= Problem description =
Locate, in the data below, the line that contains "(done, record fs" and the line that contains "read_left-ReadsUpTo fd n (some"; reproduce exactly those two lines and every line between them, nothing more.

Stored data entries:
- Opening Delimiter -

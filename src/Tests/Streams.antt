-- ===== src/Tests/Streams.antt =====
-- A third file system for the tests: every open gives a new descriptor, with what is left to read.
use hvac_checkpoint.Common.{
  ℕ, zero, suc, ◌<◌, ◌≡◌, ◌≢◌, refl, sym, ap, ◌∙◌, true, inl, inr, Option, none, some, List, [],
  ◌∷◌, length, take, drop, arith, nat_eq, Option-cases,
}
use hvac_checkpoint.Common.Int.{ℤ, pos, negsuc, minus_one}
use hvac_checkpoint.Common.Maps.{Map, lookup, insert, lookup-insert, lookup-insert_self}
use hvac_checkpoint.Common.Text.{Text, text_eq}
use hvac_checkpoint.Posix.{Posix, ReadLaws, ReadsUpTo}
use hvac_checkpoint.Server.{HgCalls}
use hvac_checkpoint.Server.Cache.{FileLaws}
use hvac_checkpoint.Cluster.Stream.{StreamLaws, NothingFails}
use hvac_checkpoint.Tests.Disk.{
  Files, fresh, copy_to, lookup-fresh, copy_to-target, copy_to-other, length-take_le,
}
use hvac_checkpoint.Tests.Heads.{bytes_of, take-length-take}

pub record Positions : Type 0 where
  pub files : Files
  pub next : ℕ
  pub left : Map ℕ (List ℕ)

abbrev pub read_left : ℕ → ℕ → Option (List ℕ) → Positions → ℤ × List ℕ × Positions
read_left fd n none fs = (minus_one, [], fs)
read_left fd n (some bytes) fs = (
  pos (length (take n bytes)),
  take n bytes,
  record fs { left = insert fd (drop n bytes) fs.left },
)

abbrev pub read_at : ℤ → ℕ → Positions → ℤ × List ℕ × Positions
read_at (pos fd) n fs = read_left fd n (lookup fd fs.left) fs
read_at (negsuc fd) n fs = (minus_one, [], fs)

abbrev pub positions : Posix
positions = record {
  Fs = Positions;
  open_file = λ p flags fs. (
    pos fs.next,
    record fs { next = suc fs.next; left = insert fs.next (bytes_of (lookup p fs.files)) fs.left },
  );
  close_file = λ fd fs. (pos 0, fs);
  read_file = λ fd n fs. read_at fd n fs;
  pread_file = λ fd n offset fs. (minus_one, [], fs);
  seek_file = λ fd offset whence fs. (offset, fs);
  copy_file = λ p q fs.
      let (done, files) = copy_to (lookup p fs.files) q fs.files in
      (done, record fs { files = files });
  make_temp_dir = λ template fs. (fresh fs.files, fs);
}

read_left-ReadsUpTo :
    (fd n : ℕ) (found : Option (List ℕ)) (fs : Positions)
    → ReadsUpTo n (read_left fd n found fs).0 (read_left fd n found fs).1
read_left-ReadsUpTo fd n none fs = inl (refl, refl)
read_left-ReadsUpTo fd n (some bytes) fs =
    inr (length (take n bytes), refl, length-take_le n bytes, refl)

read_at-ReadsUpTo :
    (fd : ℤ) (n : ℕ) (fs : Positions) → ReadsUpTo n (read_at fd n fs).0 (read_at fd n fs).1
read_at-ReadsUpTo (pos fd) n fs = read_left-ReadsUpTo fd n (lookup fd fs.left) fs
read_at-ReadsUpTo (negsuc fd) n fs = inl (refl, refl)

pub positions-ReadLaws : ReadLaws positions
positions-ReadLaws = record {
  read_result = read_at-ReadsUpTo;
  pread_result = λ fd n offset fs. inl (refl, refl);
}

pub read_at-files : (fd : ℤ) (n : ℕ) (fs : Positions) → (read_at fd n fs).2.files ≡ fs.files
read_at-files (pos fd) n fs = elim (Option-cases (lookup fd fs.left)) [
  | inl closed ↦ rw closed refl
  | inr (bytes, is_open) ↦ rw is_open refl
]
read_at-files (negsuc fd) n fs = refl

unfoldable pub positions-FileLaws : FileLaws positions
positions-FileLaws = record {
  content = λ p fs. lookup p fs.files;
  open_content = λ q p flags fs. refl;
  close_content = λ q fd fs. refl;
  read_content = λ q fd n fs. ap (lookup q) (read_at-files fd n fs);
  pread_content = λ q fd n offset fs. refl;
  seek_content = λ q fd offset whence fs. refl;
  temp_content = λ q template fs. refl;
  temp_fresh = λ template name fs. lookup-fresh name fs.files;
  copy_target = λ p q fs h. copy_to-target p q fs.files (lookup p fs.files) refl h;
  copy_other = λ p q r fs ne. copy_to-other q r fs.files (lookup p fs.files) ne;
}

abbrev pub HasLeft : Positions → ℤ → List ℕ → Type 0
HasLeft fs (pos fd) bytes = lookup fd fs.left ≡ some bytes
HasLeft fs (negsuc fd) bytes = ⊥

drop-length-take : (n : ℕ) (l : List ℕ) → drop (length (take n l)) l ≡ drop n l
drop-length-take zero l = refl
drop-length-take (suc n) [] = refl
drop-length-take (suc n) (x ∷ l) = drop-length-take n l

pub read_some :
    (fd n k : ℕ) (found : Option (List ℕ)) (fs : Positions) (left : List ℕ)
    → found ≡ some left
    → (read_left fd n found fs).0 ≡ pos k
    → ((read_left fd n found fs).1 ≡ take k left)
      × (lookup fd (read_left fd n found fs).2.left ≡ some (drop k left))
read_some fd n k none fs left e got = absurd (cc e)
read_some fd n k (some here) fs left e got =
    let same : here ≡ left = cc e in
    let size : length (take n here) ≡ k = cc got in
    (
      rw (← same, ← size) (sym (take-length-take n here)),
      lookup-insert_self fd (drop n here) fs.left
          ∙ rw (← same, ← size) (ap some (sym (drop-length-take n here))),
    )

nothing_left : (n : ℕ) (l : List ℕ) → 0 < n → length (take n l) ≡ 0 → l ≡ []
nothing_left zero l some_bytes e = absurd (omega arith)
nothing_left (suc n) [] some_bytes e = refl
nothing_left (suc n) (x ∷ l) some_bytes e = absurd (omega (arith, e))

pub read_none :
    (fd n : ℕ) (found : Option (List ℕ)) (fs : Positions) (left : List ℕ)
    → found ≡ some left
    → 0 < n
    → (read_left fd n found fs).0 ≡ pos 0
    → left ≡ []
read_none fd n none fs left e some_bytes got = absurd (cc e)
read_none fd n (some here) fs left e some_bytes got =
    let same : here ≡ left = cc e in
    let size : length (take n here) ≡ 0 = cc got in
    rw (← same) (nothing_left n here some_bytes size)

pub read_apart :
    (fd other n : ℕ) (found : Option (List ℕ)) (fs : Positions)
    → fd ≢ other
    → lookup other (read_left fd n found fs).2.left ≡ lookup other fs.left
read_apart fd other n none fs ne = refl
read_apart fd other n (some here) fs ne =
    ground (arith, lookup-insert fd other (drop n here) fs.left)

unfoldable pub positions-StreamLaws : StreamLaws positions positions-FileLaws
unfolding positions-FileLaws
positions-StreamLaws = record {
  Left = HasLeft;
  open_left = left_after_open;
  read_left = left_after_read;
  read_end = end_of_read;
  read_other = left_by_other;
}
  where
    left_after_open :
        (p : Text) (fs : Positions) (d : ℕ) (bytes : List ℕ)
        → lookup p fs.files ≡ some bytes
        → pos fs.next ≡ pos d
        → HasLeft (positions.open_file p 0 fs).1 (pos d) bytes
    left_after_open p fs d bytes has opened =
        let same : fs.next ≡ d = cc opened in
        rw (← same)
          (lookup-insert_self fs.next (bytes_of (lookup p fs.files)) fs.left ∙ rw has refl)

    left_after_read :
        (fd : ℤ) (n k : ℕ) (fs : Positions) (left : List ℕ)
        → HasLeft fs fd left
        → (read_at fd n fs).0 ≡ pos k
        → ((read_at fd n fs).1 ≡ take k left) × HasLeft (read_at fd n fs).2 fd (drop k left)
    left_after_read (pos fd) n k fs left h got = read_some fd n k (lookup fd fs.left) fs left h got
    left_after_read (negsuc fd) n k fs left h got = absurd h

    end_of_read :
        (fd : ℤ) (n : ℕ) (fs : Positions) (left : List ℕ)
        → HasLeft fs fd left
        → 0 < n
        → (read_at fd n fs).0 ≡ pos 0
        → left ≡ []
    end_of_read (pos fd) n fs left h some_bytes got =
        read_none fd n (lookup fd fs.left) fs left h some_bytes got
    end_of_read (negsuc fd) n fs left h some_bytes got = absurd h

    left_by_other :
        (fd other : ℤ) (n : ℕ) (fs : Positions) (left : List ℕ)
        → fd ≢ other
        → HasLeft fs other left
        → HasLeft (read_at fd n fs).2 other left
    left_by_other (pos fd) (pos other) n fs left ne h =
        read_apart fd other n (lookup fd fs.left) fs (λ e. ne (ap pos e)) ∙ h
    left_by_other (negsuc fd) (pos other) n fs left ne h = h
    left_by_other fd (negsuc other) n fs left ne h = absurd h

pub reads_open :
    (fd n : ℕ) (found : Option (List ℕ)) (fs : Positions) (left : List ℕ)
    → found ≡ some left
    → (k : ℕ) × ((read_left fd n found fs).0 ≡ pos k)
reads_open fd n none fs left e = absurd (cc e)
reads_open fd n (some here) fs left e = (length (take n here), refl)

-- Mercury with every call accepted.
abbrev pub quiet : HgCalls
quiet = record {
  get_input = 0;
  allocated = true;
  info = true;
  bulk_create = 0;
  transfer = λ n. 0;
  addr_to_string = some 0;
}

pub nothing_fails : NothingFails positions positions-FileLaws positions-StreamLaws quiet
unfolding positions-StreamLaws
nothing_fails = record {
  set_up = record { got_input = refl; allocated = refl; info = refl; registered = refl };
  transferred = λ n. refl;
  reads = read_open_file;
}
  where
    read_open_file :
        (fd : ℤ) (n : ℕ) (fs : Positions) (left : List ℕ)
        → HasLeft fs fd left
        → (k : ℕ) × ((read_at fd n fs).0 ≡ pos k)
    read_open_file (pos fd) n fs left h = reads_open fd n (lookup fd fs.left) fs left h
    read_open_file (negsuc fd) n fs left h = absurd h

- Closing Delimiter -

= Answer to this exercise =
      (done, record fs { files = files });
  make_temp_dir = λ template fs. (fresh fs.files, fs);
}

read_left-ReadsUpTo :
    (fd n : ℕ) (found : Option (List ℕ)) (fs : Positions)
    → ReadsUpTo n (read_left fd n found fs).0 (read_left fd n found fs).1
read_left-ReadsUpTo fd n none fs = inl (refl, refl)
read_left-ReadsUpTo fd n (some bytes) fs =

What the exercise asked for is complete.